When it’s below freezing we have to keep the pavilion doors closed and turn on the heaters. Masks and social distancing will keep the market safe and able to operate.
The Free Kids Meal is taking a holiday break but we hope to restart soon. We’re looking for a head cook or a cook’s assistant, or both. If you or someone you know is handy in the kitchen and interested in a part time job, let me or manager Rachael Lynch know at 417 483-8139 or webbcityfm@gmail.com. The hours are flexible but generally six to eight hours on Thursday and Friday and Saturdays from 7 to noon. We’re open to a tag team if two people want to split up the shifts or work together. If the person or persons we hire do a great job, there will be plenty more hours as we enter the regular market season and provide meals three times a week to 100 or more kids. The menus, recipes, and supervision are provided by our manager, Rachael, who has been responsible for the tasty menus this month.

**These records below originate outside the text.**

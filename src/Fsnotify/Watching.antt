-- ===== src/Fsnotify/Watching.antt =====
-- What Watch records and returns.
use hotload.Prelude.{ℕ, ◌≡◌, ◌≢◌, String, Option, none, arith}
use hotload.Prelude.{some, lookup, insert, lookup-insert_self, Option-cases, inl, inr}
use hotload.Fsnotify.{find_path, put_path, PathWatch, QueryWatch}
use hotload.Text.{clean, trim_space}
use hotload.Prelude.{[]}
use hotload.Fsnotify.{add, call_watcher, read_config_file, start_watcher}
use hotload.State.{Result-cases, ok}
use hotload.Registry.{returns}
use hotload.Fsnotify.{
  Strategy, start_watcher, watch_query, watch_path, watch, add_to_default_path_chksum,
}

-- Once the paths map is nil, as Close leaves it, a Watch never succeeds: it reports an error or
-- panics.
pub watch-nil_paths :
    (s t : Strategy) (pth qry : String) (v : String × Option ℕ)
    → s.paths ≡ none
    → watch s pth qry ≢ returns (t, ok v)
unfolding watch start_watcher watch_path watch_query
watch-nil_paths s t pth qry v e h = ground arith

-- The path and the query are watched, with this value and channel.
pub record Watched (s : Strategy) (pth qry value : String) (chan : Option ℕ) : Type 0 where
  pub path_watch : PathWatch
  pub query_watch : QueryWatch
  pub found : find_path s pth ≡ some path_watch
  pub has_value : path_watch.value ≡ value
  pub has_query : lookup qry path_watch.queries ≡ some query_watch
  pub has_chan : query_watch.update_chan ≡ chan

put_path-find :
    (s t : Strategy) (pth : String) (w : PathWatch)
    → put_path s pth w ≡ returns t
    → find_path t pth ≡ some w
put_path-find s t pth w e = elim (Option-cases s.paths) [
  | inl p ↦ ground (arith, p)
  | inr (m, p) ↦ ground (arith, p, lookup-insert_self pth w m)
]

watch_query-Watched :
    (s t : Strategy) (w : PathWatch) (pth qry : String) (v : String) (c : Option ℕ)
    → find_path s pth ≡ some w
    → watch_query s w pth qry ≡ returns (t, ok (v, c))
    → Watched t pth qry v c
unfolding watch_query
watch_query-Watched s t w pth qry v c f e = elim (Option-cases (lookup qry w.queries)) [
  | inr (q, l) ↦ record {
    path_watch = w;
    query_watch = q;
    found = ground arith;
    has_value = ground arith;
    has_query = l;
    has_chan = ground arith;
  }
  | inl l ↦ elim (Option-cases s.paths) [
    | inl p ↦ ground (arith, p)
    | inr (m, p) ↦
        let q : QueryWatch = record {
          path_query = qry;
          update_chan = some s.next_chan;
          oper_chan = [];
        } in
        record {
          path_watch = record w { queries = insert qry q w.queries };
          query_watch = q;
          found = ground (
            arith,
            p,
            l,
            lookup-insert_self pth (record w { queries = insert qry q w.queries }) m,
          );
          has_value = ground (arith, p, l);
          has_query = lookup-insert_self qry q w.queries;
          has_chan = ground (arith, p, l);
        }
  ]
]

watch_path-Watched :
    (s t : Strategy) (pth qry : String) (v : String) (c : Option ℕ)
    → watch_path s pth qry ≡ returns (t, ok (v, c))
    → Watched t pth qry v c
unfolding watch_path add_to_default_path_chksum
watch_path-Watched s t pth qry v c e =
    let s' = add_to_default_path_chksum (call_watcher s (add pth)).0 pth in
    elim (Option-cases (call_watcher s (add pth)).1) [
      | inr (x, a) ↦ ground (arith, a)
      | inl a ↦ elim (Result-cases (read_config_file s' pth)) [
        | inr (x, r) ↦ ground (arith, a, r)
        | inl (value, r) ↦
            let w : PathWatch = record { watch_path = pth; value = value; queries = [] } in
            elim (Option-cases s.paths) [
              | inl p ↦ ground (arith, a, r, p)
              | inr (m, p) ↦
                  let s'' : Strategy = record s' { paths = some (insert pth w m) } in
                  watch_query-Watched s'' t w pth qry v c (lookup-insert_self pth w m)
                    (ground (arith, a, r, p))
            ]
      ]
    ]

-- If Watch succeeds, the cleaned path and the trimmed query are watched afterwards, with the value
-- and the channel that it returned.
pub watch-Watched :
    (s t : Strategy) (pth qry : String) (v : String) (c : Option ℕ)
    → watch s pth qry ≡ returns (t, ok (v, c))
    → Watched t (clean pth) (trim_space qry) v c
unfolding watch
watch-Watched s t pth qry v c e =
    let s' = (start_watcher s).0 in
    elim (Option-cases (start_watcher s).1) [
      | inr (x, a) ↦ ground (arith, a)
      | inl a ↦ elim (Option-cases (find_path s' (clean pth))) [
        | inl f ↦ watch_path-Watched s' t (clean pth) (trim_space qry) v c (ground (arith, a, f))
        | inr (w, f) ↦
            watch_query-Watched s' t w (clean pth) (trim_space qry) v c f (ground (arith, a, f))
      ]
    ]
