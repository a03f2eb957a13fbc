-- ===== src/Fsnotify/Again.antt =====
-- fsnotify/filewatcher.go: what a second Watch of the same path and query returns.
use hotload.Prelude.{
  subst, [], insert, ℕ, ◌≡◌, sym, ◌∙◌, String, true, Option, none, some, arith, lookup,
  Option-cases, Bool-cases, inl, inr,
}
use hotload.State.{Result-cases, ok, Result}
use hotload.Text.{clean, trim_space}
use hotload.Registry.{returns}
use hotload.Fsnotify.{
  PathWatch, Strategy, find_path, add, construct, call_watcher, read_config_file, start_watcher,
  watch_query, watch_path, watch, add_to_default_path_chksum,
}
use hotload.Fsnotify.Watching.{watch-Watched}

start_watcher-watcher :
    (s : Strategy) → (start_watcher s).1 ≡ none → (start_watcher s).0.has_watcher ≡ true
unfolding start_watcher
start_watcher-watcher s e = elim (Bool-cases s.has_watcher) [
  | inl b ↦ ground (arith, b)
  | inr b ↦ elim (Option-cases (s.env.failure s.calls construct)) [
    | inl f ↦ ground (arith, b, f)
    | inr (x, f) ↦ ground (arith, b, f, e)
  ]
]

watch_query-watcher :
    (s t : Strategy) (w : PathWatch) (pth qry : String) (r : Result (String × Option ℕ))
    → watch_query s w pth qry ≡ returns (t, r)
    → t.has_watcher ≡ s.has_watcher
unfolding watch_query
watch_query-watcher s t w pth qry r e = elim (Option-cases (lookup qry w.queries)) [
  | inr (q, l) ↦ ground (arith, l, e)
  | inl l ↦ elim (Option-cases s.paths) [
    | inl p ↦ ground (arith, l, p, e)
    | inr (m, p) ↦ ground (arith, l, p, e)
  ]
]

watch_path-watcher :
    (s t : Strategy) (pth qry : String) (r : Result (String × Option ℕ))
    → watch_path s pth qry ≡ returns (t, r)
    → t.has_watcher ≡ s.has_watcher
unfolding watch_path add_to_default_path_chksum
watch_path-watcher s t pth qry r e =
    let s' = add_to_default_path_chksum (call_watcher s (add pth)).0 pth in
    elim (Option-cases (call_watcher s (add pth)).1) [
      | inr (x, a) ↦ ground (arith, a, e)
      | inl a ↦ elim (Result-cases (read_config_file s' pth)) [
        | inr (x, f) ↦ ground (arith, a, f, e)
        | inl (value, f) ↦ elim (Option-cases s.paths) [
          | inl p ↦ ground (arith, a, f, p, e)
          | inr (m, p) ↦
              let w : PathWatch = record { watch_path = pth; value = value; queries = [] } in
              watch_query-watcher (record s' { paths = some (insert pth w m) }) t w pth qry r
                (ground (arith, a, f, p, e))
        ]
      ]
    ]

watch-watcher :
    (s t : Strategy) (pth qry : String) (v : String × Option ℕ)
    → watch s pth qry ≡ returns (t, ok v)
    → t.has_watcher ≡ true
unfolding watch
watch-watcher s t pth qry v e =
    let s' = (start_watcher s).0 in
    elim (Option-cases (start_watcher s).1) [
      | inr (x, a) ↦ absurd (ground (arith, a, e))
      | inl a ↦ elim (Option-cases (find_path s' (clean pth))) [
        | inl f ↦
            watch_path-watcher s' t (clean pth) (trim_space qry) (ok v) (ground (arith, a, f, e))
            ∙ start_watcher-watcher s a
        | inr (w, f) ↦
            watch_query-watcher s' t w (clean pth) (trim_space qry) (ok v) (ground (arith, a, f, e))
            ∙ start_watcher-watcher s a
      ]
    ]

-- After a Watch that succeeded, another Watch whose path and query are the same once cleaned and
-- trimmed changes nothing and returns the same value and the same channel: callers that watch the
-- same query share one channel.
pub watch-again :
    (s t : Strategy) (pth qry pth' qry' : String) (v : String × Option ℕ)
    → watch s pth qry ≡ returns (t, ok v)
    → clean pth' ≡ clean pth
    → trim_space qry' ≡ trim_space qry
    → watch t pth' qry' ≡ returns (t, ok v)
unfolding watch start_watcher watch_query
watch-again s t pth qry pth' qry' (value, c) e same_path same_query =
    let h = watch-Watched s t pth qry value c e in
    let b = watch-watcher s t pth qry (value, c) e in
    let f : find_path t (clean pth') ≡ some h.path_watch =
      subst (λ x. find_path t x ≡ some h.path_watch) (sym same_path) h.found in
    let l : lookup (trim_space qry') h.path_watch.queries ≡ some h.query_watch =
      subst (λ x. lookup x h.path_watch.queries ≡ some h.query_watch) (sym same_query)
        h.has_query in
    ground (arith, b, f, l, h.has_value, h.has_chan)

When I began this column in 2001 I never dreamed that more than700 columns later I would still have something to say. And what I want to say in this, the last market column in print, is thank you, Bob Foos, and Sentinel crew, present and past, for being such supporters of the market. (I’m thinking especially of you, Vicki Groff, Sentinel staff and market volunteer who has served hundreds of free kids meals this year.) Bob is literally a Champion of the Market, along with such luminaries as Tom Reeder, the Perry Foundation, Extension educators Shon Bishop and Patrick Byers, and market volunteers Marilyn, Karen, Janet, Kharlie, Dan, Duane, and Donna.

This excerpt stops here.